Lo stadio d’uscita, così rivisto, lavora in stretta simbiosi con il pre vero e proprio e la sua risposta, in frequenza ed in fase, è correlata con il carico offerto da questo. Chi volesse provare a modificare lo stadio di uscita del Model 3 o di altri DAC, utilizzando sistemi simili deve tener ben presente che l’impedenza di uscita del filtro è molto alta e che la funzione di trasferimento dello stesso è correlata con il carico che questo vede a valle. Nel caso in cui il preamplificatore abbia una resistenza d’ingresso diversa il gruppo LC, così come la rete RC a monte, deve essere calcolato di nuovo.
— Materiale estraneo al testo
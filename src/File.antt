-- ===== src/File.antt =====
-- include/pposix/file.hpp and src/file.cpp: an owned file descriptor, its opening and its calls.
-- `is_noexcept` says whether the lambda that `file::open` hands to `result_map` is `noexcept`. It is not
-- declared so, which makes it false; with true, the functions are what they are to be.
pub mod Laws
pub mod RoundTrip
use Prim.Native.String.{String}
use pposix.Base.{ℕ, ℤ, minus_one, Bool, true, false, not, if◌then◌else◌, pos}
use pposix.Errno.{Sys, World, ErrorCode, ◌>>=◌, ◌>>◌, pure}
use pposix.Call.{common_call, common_result_call}
use pposix.Descriptor.{
  Descriptor, of_raw, raw, null_descriptor, into_result, destroy as destroy_descriptor,
}
use pposix.EnumFlag.{EnumFlag, Checked, refused, compiled, has_flag}
use pposix.Fcntl.{
  FcntlApi, OpenMacro, OpenFlag, AccessMode, open_flag_enum, open_flag_constant, creat, excl,
  open_path, open_path_mode,
}
use pposix.FileDescriptor.{Unistd, RawFd, raw_fd_t, file_descriptor}
use pposix.Result.{Result, result_map, assert_noexcept}
use pposix.Span.Bytes.{ByteSpan, ByteCspan}
use pposix.Stat.{Permission}

pub data FileSeek : Type 0 where
  set current end : FileSeek

-- The macros of <unistd.h> for `::lseek`.
pub data SeekMacro : Type 0 where
  seek_set seek_cur seek_end : SeekMacro

unfoldable pub file_seek : (SeekMacro → ℤ) → FileSeek → ℤ
file_seek m set = m seek_set
file_seek m current = m seek_cur
file_seek m end = m seek_end

pub record File : Type 0 where
  pub fd_ : Descriptor RawFd

-- `explicit file(raw_fd)`
unfoldable pub file : RawFd → File
unfolding of_raw
file fd = record { fd_ = of_raw fd }

-- The messages of the `static_assert`s.
abbrev pub excl_without_creat : String
excl_without_creat =
    "Specifying 'excl' without 'creat' is undefined. Add '| creat' to your open flags to correct."

abbrev pub creat_without_permission : String
creat_without_permission =
    "You must provide the 'permission' argument when specifying 'creat'. Use the open(path, access_mode, open_flag, permission) overload instead."

module _ {K : Type 0} (m : OpenMacro → ℕ) (os : FcntlApi K) (files : Unistd K)
    (is_noexcept : Bool) where
  -- The condition of the first `static_assert` of both overloads.
  abbrev pub exclusive_creates : EnumFlag OpenFlag → Bool
  exclusive_creates flags =
      if has_flag flags (open_flag_constant m excl)
      then has_flag flags (open_flag_constant m creat)
      else true

  -- `open(path, access, flags)`
  unfoldable pub open_file :
      ℕ → EnumFlag AccessMode → EnumFlag OpenFlag → Checked (Sys K (Result File))
  open_file path access flags =
      if exclusive_creates flags
      then (if has_flag flags (open_flag_constant m creat)
          then refused creat_without_permission
          else assert_noexcept is_noexcept (do
            r ← open_path os path access.flags flags.flags
            into_result (file_descriptor files) (result_map r file)))
      else refused excl_without_creat

  -- `open(path, access, flags, perm)`
  unfoldable pub open_file_mode :
      ℕ
      → EnumFlag AccessMode
      → EnumFlag OpenFlag
      → EnumFlag Permission
      → Checked (Sys K (Result File))
  open_file_mode path access flags perm =
      if exclusive_creates flags
      then assert_noexcept is_noexcept (do
        r ← open_path_mode os path access.flags flags.flags perm.flags
        into_result (file_descriptor files) (result_map r file))
      else refused excl_without_creat

module _ {K : Type 0} (os : Unistd K) where
  unfoldable pub close : File → Sys K ErrorCode
  unfolding common_call raw
  close f = common_call (os.close (raw_fd_t (raw f.fd_)))

  unfoldable pub lseek : (SeekMacro → ℤ) → File → ℤ → FileSeek → Sys K (Result ℤ)
  unfolding common_result_call raw file_seek
  lseek m f offset wh = common_result_call (os.lseek (raw_fd_t (raw f.fd_)) offset (file_seek m wh))

  unfoldable pub read : File → ByteSpan → Sys K (Result ℤ)
  unfolding common_result_call raw
  read f buffer = common_result_call (os.read (raw_fd_t (raw f.fd_)) buffer.buffer_ buffer.length_)

  unfoldable pub write : File → ByteCspan → Sys K (Result ℤ)
  unfolding common_result_call raw
  write f buffer =
      common_result_call (os.write (raw_fd_t (raw f.fd_)) buffer.buffer_ buffer.length_)

  -- The destructor that the compiler writes: that of `fd_`.
  unfoldable pub destroy : File → Sys K (Unit {0})
  unfolding destroy_descriptor
  destroy f = destroy_descriptor (file_descriptor os) f.fd_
In termini di prestazioni strumentali lo stadio passivo mostra certamente risultati più scarsi. Il controllo attivo della funzione di trasferimento, operata attraverso una rete di controreazione ed un qualsivoglia operazionale, ha performance che derivano proprio dal modo di operare della rete di feedback. In termini musicali, quindi di sensazioni di ascolto, si rilevano invece differenze che fanno pesare nettamente la bilancia a favore dello stadio passivo. L’equilibrio timbrico aumenta e le colorazioni scompaiono. Sono sensazioni nette, ben percepibili. In un primo tempo si è spaventati perché il suono diventa più esile, meno presente. Un’analisi più attenta lascia a bocca aperta. Quello che si nota è una percezione più netta dei dettagli, eliminando le colorazioni molte informazioni emergono e si portano allo stesso livello delle altre, in questo modo è tutto più definito e percepibile. È come guardare uno splendido paesaggio in una bella giornata, sotto una luce troppo forte, riverberante: saremo colpiti da alcuni dettagli ma molti saranno soffocati da questa luminosità; al contrario se questa diviene più tenue le immagini saranno più nette e lo sguardo potrà spingersi ad apprezzare i particolari più minuti con meno fatica.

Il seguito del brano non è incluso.